In high school I was a mechanic. I was working on lawnmowers, chainsaws...that kind of stuff. Getting dirty every day of my life. It was a good job. Paid well for high school. I could go out on weekends and put gas in my car. The core essentials when you are 17 years old.

But, I was just tired of getting dirty.

So while you're working a stable job in a specific trade, one of your buddies from community college started a wholesale coffee business. Coffee is a risky business. Fourteen years ago, it was an almost futile enterprise. That made your friend's proposition to you interesting, but a definite gamble. A gamble your parents didn't want you to take.

My friend's proposition was that if I was tired of being dirty every day, why don't I come help them out. It's pretty fun. You can sweep floors, fill orders. Once in awhile you can deliver. And we'll go from there.

I remember going to my Mom and Dad to talk with them. They're like, "you're crazy. You shouldn't do this. You have a decent paying job. It's steady. Don't go into coffee. It's risky, and it's going to ruin paying for college."

That kind of thing.

wholesale coffee company coda coffee

They say you can't win what you don't put on the table. But you quit your job to work for a two man coffee operation. You laid down a significant bet. Luckily, it paid off.

We were 800 square feet in a fruit stand next to their dad's gas station. Eight and a half years later when I left that company, we were in 50,000 square feet with $15 million in sales per year. My title was Executive Vice President.

Over the next few years you continued to work with your passion of coffee. You travel the world judging coffee making competitions, training baristas, and visiting tropical locations where raw beans come from. You stay intimately involved in the world of coffee, from origin to distribution at retail outlets.

Then you and your brother decide you want to become partners in a wholesale coffee company. And you find eager investors in the most unlikely of places.

My parents came full circle and actually invested their 401(k) in our company. My dad hangs out at the office quite a bit, just to drink coffee and read the paper and be in the way for the most part...but we love him to death. He will tell that story to anyone that's willing to listen.
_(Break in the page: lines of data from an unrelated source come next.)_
-- ===== src/Engine/Queue/Grants.antt =====
-- crates/nzbd-engine/src/queue.rs: what a lease that `next_for_server` grants is good for.
use nzbd.Prelude.{
  select-In, In-member, ℕ, ◌≡◌, ◌⊎◌, inl, inr, refl, sym, ◌∙◌, subst, ap, true, false, List, [],
  ◌∷◌, map, Option, none, some, arith, In, Bool-cases, length, member, ltb,
}
use nzbd.Prelude.Int.{ℤ, pos, ltb_ℤ, ◌+ℤ◌}
use nzbd.Prelude.Sort.{rotate_left-In}
use nzbd.Engine.Queue.Attempts.{
  Resumes, Resumes-refl, Kept, try_segment-Kept, scan_segments-Kept, scan_files-Kept,
}
use nzbd.Engine.Queue.Eligible.{allows-In}
use nzbd.Types.Job.{JobId, FileId, ServerId, Job, FileEntry, Segment, is_pending}
use nzbd.Types.Server.{ServerDef}
use nzbd.Engine.Failover.{
  SegmentAttempt, Candidates, servers, wait_for_blocked, exhausted, new_attempt, current_candidates,
}
use nzbd.Engine.Queue.{
  QueueState, allowed_files, is_eligible, active_jobs, active_set_with_recovery,
  jobs_to_requeue_with_recovery,
}
use nzbd.Engine.Queue.Scan.{
  SegRef, Attempts, SelectionCtx, Scan, unless_leased, answered, try_segment, scan_segments,
  scan_files, scan_jobs, attempt_of, age_days, skips_file, too_young, may_serve, served_jobs,
  rotated, scan_order, next_for_server,
}

-- The ladder offers the segment to this server, for the attempt as it stood before the scan, or a new
-- one without any; the scan may only have moved it to a later tier.
pub record Offered (ctx : SelectionCtx) (init : Attempts) (server : ServerId) (age : Option ℕ)
    (r : SegRef) : Type 0 where
  pub attempt : SegmentAttempt
  pub known : Resumes (attempt_of r (new_attempt ctx.article_retries) init) attempt
  pub ids : List ServerId
  pub answer : (current_candidates ctx.ladder attempt ctx.is_blocked age).1 ≡ servers ids
  pub asked : member server ids ≡ true

-- A file of which segments may be handed out.
pub record Fetchable (ctx : SelectionCtx) (j : JobId) (f : FileEntry) : Type 0 where
  pub unpaused : f.paused ≡ false
  pub authorised : (l : List FileId) → allowed_files ctx.post_fetch_files j ≡ some l → In f.id l
  pub propagated :
      (date : ℤ)
      → f.date ≡ some date
      → ltb_ℤ (pos 0) ctx.propagation_delay_secs ≡ true
      → ltb_ℤ ctx.now_unix (date +ℤ ctx.propagation_delay_secs) ≡ false

-- A pending segment of a list, offered to the server.
pub record GrantedSegment (ctx : SelectionCtx) (init : Attempts) (server : ServerId)
    (age : Option ℕ) (segs : List Segment) (r : SegRef) : Type 0 where
  pub segment : Segment
  pub listed : In segment segs
  pub numbered : segment.number ≡ r.seg_number
  pub pending : is_pending segment.state ≡ true
  pub offered : Offered ctx init server age r

pub record GrantedFile (ctx : SelectionCtx) (init : Attempts) (server : ServerId) (j : JobId)
    (files : List FileEntry) (r : SegRef) : Type 0 where
  pub file : FileEntry
  pub listed : In file files
  pub named : file.id ≡ r.file
  pub fetchable : Fetchable ctx j file
  pub segment : GrantedSegment ctx init server (age_days ctx.now_unix file.date) file.segments r

pub record GrantedJob (ctx : SelectionCtx) (init : Attempts) (server : ServerId) (jobs : List Job)
    (r : SegRef) : Type 0 where
  pub job : Job
  pub listed : In job jobs
  pub named : job.id ≡ r.job
  pub file : GrantedFile ctx init server job.id job.files r

answered-lease :
    (server : ServerId) (r k : SegRef) (c : Candidates) (sc : Scan)
    → sc.lease ≡ none
    → (answered server r c sc).lease ≡ some k
    → (r ≡ k) × (ids : List ServerId) × (c ≡ servers ids) × (member server ids ≡ true)
answered-lease server r k (servers ids) sc n h = elim (Bool-cases (member server ids)) [
  | inl t ↦ (ground (arith, t), ids, refl, t)
  | inr f ↦ absurd (ground (arith, f))
]
answered-lease server r k wait_for_blocked sc n h = absurd (ground arith)
answered-lease server r k exhausted sc n h = absurd (ground arith)

first_lease :
    (sc later : Scan) (k : SegRef)
    → (unless_leased sc later).lease ≡ some k
    → (sc.lease ≡ some k) ⊎ ((sc.lease ≡ none) × (later.lease ≡ some k))
first_lease sc later k h = ground arith

unleased : (sc later : Scan) → sc.lease ≡ none → unless_leased sc later ≡ later
unleased sc later n = ground arith

skips_file-Fetchable :
    (ctx : SelectionCtx) (j : JobId) (f : FileEntry)
    → skips_file ctx j f ≡ false
    → Fetchable ctx j f
skips_file-Fetchable ctx j f h = record {
  unpaused = ground (arith, h);
  authorised = allows-In (allowed_files ctx.post_fetch_files j) f.id (ground (arith, h));
  propagated = λ date e b.
      let t : too_young ctx f.date ≡ false = ground (arith, h) in
      let t' : too_young ctx (some date) ≡ false = rw e at t in ground (arith, t', b);
}

module _ (ctx : SelectionCtx) (init : Attempts) (server : ServerId) where
  try_segment-lease :
      (age : Option ℕ) (r k : SegRef) (sc : Scan)
      → sc.lease ≡ none
      → Kept ctx init sc
      → (try_segment ctx server age r sc).lease ≡ some k
      → (r ≡ k) × Offered ctx init server age k
  unfolding try_segment
  try_segment-lease age r k sc n u h =
      let q = answered-lease server r k _ _ n h in
      (
        q.0,
        subst (Offered ctx init server age) q.0 (record {
          attempt = attempt_of r (new_attempt ctx.article_retries) sc.attempts;
          known = u r;
          ids = q.1;
          answer = q.2;
          asked = q.3;
        }),
      )

  scan_segments-lease :
      (j : JobId) (f : FileId) (age : Option ℕ) (segs : List Segment) (sc : Scan) (k : SegRef)
      → sc.lease ≡ none
      → Kept ctx init sc
      → (scan_segments ctx server j f age segs sc).lease ≡ some k
      → (j ≡ k.job) × (f ≡ k.file) × GrantedSegment ctx init server age segs k
  unfolding scan_segments
  scan_segments-lease j f age [] sc k n u h = absurd (cc (sym n ∙ h))
  scan_segments-lease j f age (s ∷ rest) sc k n u h = elim (Bool-cases (is_pending s.state)) [
    | inr t ↦
        let h' : (unless_leased sc (scan_segments ctx server j f age rest sc)).lease ≡ some k =
          rw t at h in
        widen (
          scan_segments-lease j f age rest sc k n u
            (rw (unleased sc (scan_segments ctx server j f age rest sc) n) at h'))
    | inl t ↦
        let sc' =
          try_segment ctx server age (record { job = j; file = f; seg_number = s.number }) sc in
        let h' : (unless_leased sc' (scan_segments ctx server j f age rest sc')).lease ≡ some k =
          rw t at h in
        elim (first_lease sc' _ k h') [
          | inl e ↦
              let q = try_segment-lease age _ k sc n u e in
              (
                ap (λ (x : SegRef). x.job) q.0,
                ap (λ (x : SegRef). x.file) q.0,
                record {
                  segment = s;
                  listed = inl refl;
                  numbered = ap (λ (x : SegRef). x.seg_number) q.0;
                  pending = t;
                  offered = q.1;
                },
              )
          | inr (m, e) ↦ widen (
              scan_segments-lease j f age rest sc' k m
                (try_segment-Kept ctx server init age
                  (record { job = j; file = f; seg_number = s.number }) sc u)
                e)
        ]
  ]
    where
      widen :
          (j ≡ k.job) × (f ≡ k.file) × GrantedSegment ctx init server age rest k
          → (j ≡ k.job) × (f ≡ k.file) × GrantedSegment ctx init server age (s ∷ rest) k
      widen (a, b, g) = (
        a,
        b,
        record {
          segment = g.segment;
          listed = inr g.listed;
          numbered = g.numbered;
          pending = g.pending;
          offered = g.offered;
        },
      )

  scan_files-lease :
      (j : JobId) (files : List FileEntry) (sc : Scan) (k : SegRef)
      → sc.lease ≡ none
      → Kept ctx init sc
      → (scan_files ctx server j files sc).lease ≡ some k
      → (j ≡ k.job) × GrantedFile ctx init server j files k
  unfolding scan_files
  scan_files-lease j [] sc k n u h = absurd (cc (sym n ∙ h))
  scan_files-lease j (f ∷ rest) sc k n u h = elim (Bool-cases (skips_file ctx j f)) [
    | inl t ↦
        let h' : (unless_leased sc (scan_files ctx server j rest sc)).lease ≡ some k = rw t at h in
        widen (
          scan_files-lease j rest sc k n u
            (rw (unleased sc (scan_files ctx server j rest sc) n) at h'))
    | inr t ↦
        let age = age_days ctx.now_unix f.date in
        let sc' = scan_segments ctx server j f.id age f.segments sc in
        let h' : (unless_leased sc' (scan_files ctx server j rest sc')).lease ≡ some k =
          rw t at h in
        elim (first_lease sc' _ k h') [
          | inl e ↦
              let q = scan_segments-lease j f.id age f.segments sc k n u e in
              (
                q.0,
                record {
                  file = f;
                  listed = inl refl;
                  named = q.1;
                  fetchable = skips_file-Fetchable ctx j f t;
                  segment = q.2;
                },
              )
          | inr (m, e) ↦ widen (
              scan_files-lease j rest sc' k m
                (scan_segments-Kept ctx server init j f.id age f.segments sc u) e)
        ]
  ]
    where
      widen :
          (j ≡ k.job) × GrantedFile ctx init server j rest k
          → (j ≡ k.job) × GrantedFile ctx init server j (f ∷ rest) k
      widen (a, g) = (
        a,
        record {
          file = g.file;
          listed = inr g.listed;
          named = g.named;
          fetchable = g.fetchable;
          segment = g.segment;
        },
      )

  scan_jobs-lease :
      (jobs : List Job) (sc : Scan) (k : SegRef)
      → sc.lease ≡ none
      → Kept ctx init sc
      → (scan_jobs ctx server jobs sc).lease ≡ some k
      → GrantedJob ctx init server jobs k
  unfolding scan_jobs
  scan_jobs-lease [] sc k n u h = absurd (cc (sym n ∙ h))
  scan_jobs-lease (j ∷ rest) sc k n u h =
      let sc' = scan_files ctx server j.id j.files sc in
      elim (first_lease sc' (scan_jobs ctx server rest sc') k h) [
        | inl e ↦
            let q = scan_files-lease j.id j.files sc k n u e in
            record { job = j; listed = inl refl; named = q.0; file = q.1 }
        | inr (m, e) ↦
            let g =
              scan_jobs-lease rest sc' k m (scan_files-Kept ctx server init j.id j.files sc u) e in
            record { job = g.job; listed = inr g.listed; named = g.named; file = g.file }
      ]

rotated-In : (n : ℕ) (order : List Job) (j : Job) → In j (rotated n order) → In j order
rotated-In n order j m = elim (Bool-cases (ltb 1 (length order))) [
  | inl t ↦ rotate_left-In _ order j (rw t at m)
  | inr f ↦ rw f at m
]

-- The jobs that may download now, as the scan's context sees them.
abbrev pub active_for : QueueState → SelectionCtx → List Job
active_for state ctx =
    active_jobs state ctx.delegated ctx.post_fetch_files ctx.regular_downloads ctx.soft_hold
      ctx.now_unix

-- The two copies of the filters, the sort and the truncation agree.
served_jobs-active_jobs :
    (state : QueueState) (ctx : SelectionCtx) → served_jobs state ctx ≡ active_for state ctx
unfolding served_jobs may_serve active_jobs is_eligible
served_jobs-active_jobs state ctx = refl

-- A lease that `next_for_server` grants names a job of the active set; a file of that job that is not
-- paused, authorised where only some files are, and old enough to have propagated; and a pending segment of that file, for which the failover ladder offers the asking server, for the
-- attempt that was stored for it, with its failed servers and its retries, or a new one.
pub lease_is_granted :
    (state : QueueState) (server : ServerDef) (ctx : SelectionCtx) (attempts : Attempts)
    (r : SegRef)
    → (next_for_server state server ctx attempts).lease ≡ some r
    → GrantedJob ctx attempts server.id (active_for state ctx) r
unfolding next_for_server scan_order
lease_is_granted state server ctx attempts r h =
    let start : Scan = record { attempts = attempts; gone = []; lease = none } in
    let g =
      scan_jobs-lease ctx attempts server.id (scan_order state ctx) start r refl
        (λ k. Resumes-refl (attempt_of k (new_attempt ctx.article_retries) attempts)) h in
    record {
      job = g.job;
      listed =
          subst (In g.job) (served_jobs-active_jobs state ctx)
            (rotated-In ctx.rotate (served_jobs state ctx) g.job g.listed);
      named = g.named;
      file = g.file;
    }

map_id-In : (js : List Job) (j : Job) → In j js → In j.id (map (λ j. j.id) js)
map_id-In [] j m = elim m [ ]
map_id-In (x ∷ js) j (inl e) = inl (ap (λ (y : Job). y.id) e)
map_id-In (x ∷ js) j (inr m) = inr (map_id-In js j m)

In-map_id : (js : List Job) (i : ℕ) → In i (map (λ j. j.id) js) → (j : Job) × In j js × (j.id ≡ i)
In-map_id [] i m = elim m [ ]
In-map_id (x ∷ js) i (inl e) = (x, inl refl, sym e)
In-map_id (x ∷ js) i (inr m) = let r = In-map_id js i m in (r.0, inr r.1, r.2)

-- The labels and the scheduler, each of which filters, sorts and truncates on its own, agree: the job of any lease that `next_for_server` grants is in the
-- active set computed from the same state and context, and is not among the jobs to requeue.
pub leased_stays_active :
    (state : QueueState) (server : ServerDef) (ctx : SelectionCtx) (attempts : Attempts)
    (r : SegRef)
    → (next_for_server state server ctx attempts).lease ≡ some r
    → In r.job (
        active_set_with_recovery state ctx.delegated ctx.post_fetch_files ctx.regular_downloads
          ctx.soft_hold ctx.now_unix)
      × ¬ In r.job (
          jobs_to_requeue_with_recovery state ctx.delegated ctx.post_fetch_files
            ctx.regular_downloads ctx.soft_hold ctx.now_unix)
unfolding active_set_with_recovery jobs_to_requeue_with_recovery
leased_stays_active state server ctx attempts r h =
    let g = lease_is_granted state server ctx attempts r h in
    let active = map (λ (j : Job). j.id) (active_for state ctx) in
    let m = subst (λ i. In i active) g.named (map_id-In _ g.job g.listed) in
    (
      m,
      λ q.
          let (j, k, e) = In-map_id _ r.job q in
          let t = (select-In _ state.jobs j k).1 in
          let u = In-member j.id active (subst (λ i. In i active) (sym e) m) in
          ground (arith, t, u),
    )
My dad hated 15 years of work, at least. He told us that if we could do something you enjoy, and not be where I'm at in 15 years, I'm all about supporting it.

You and your brother Tim manage all aspects of the business. Aside from working jobs that you're passionate about, you've developed an expert skill set in a field that you have a genuine curiosity for. Which, even when it's not easy, makes all the work worth it.

Looking back, I have no reservations. It's been a total blessing. I love every day of it. But it hasn't been easy. It has not been this grand cake walk to making millions of dollars.

It's nothing like that at all. It's hard work. "The money will come" is definitely our sort of mantra right now. But at least we enjoy doing it.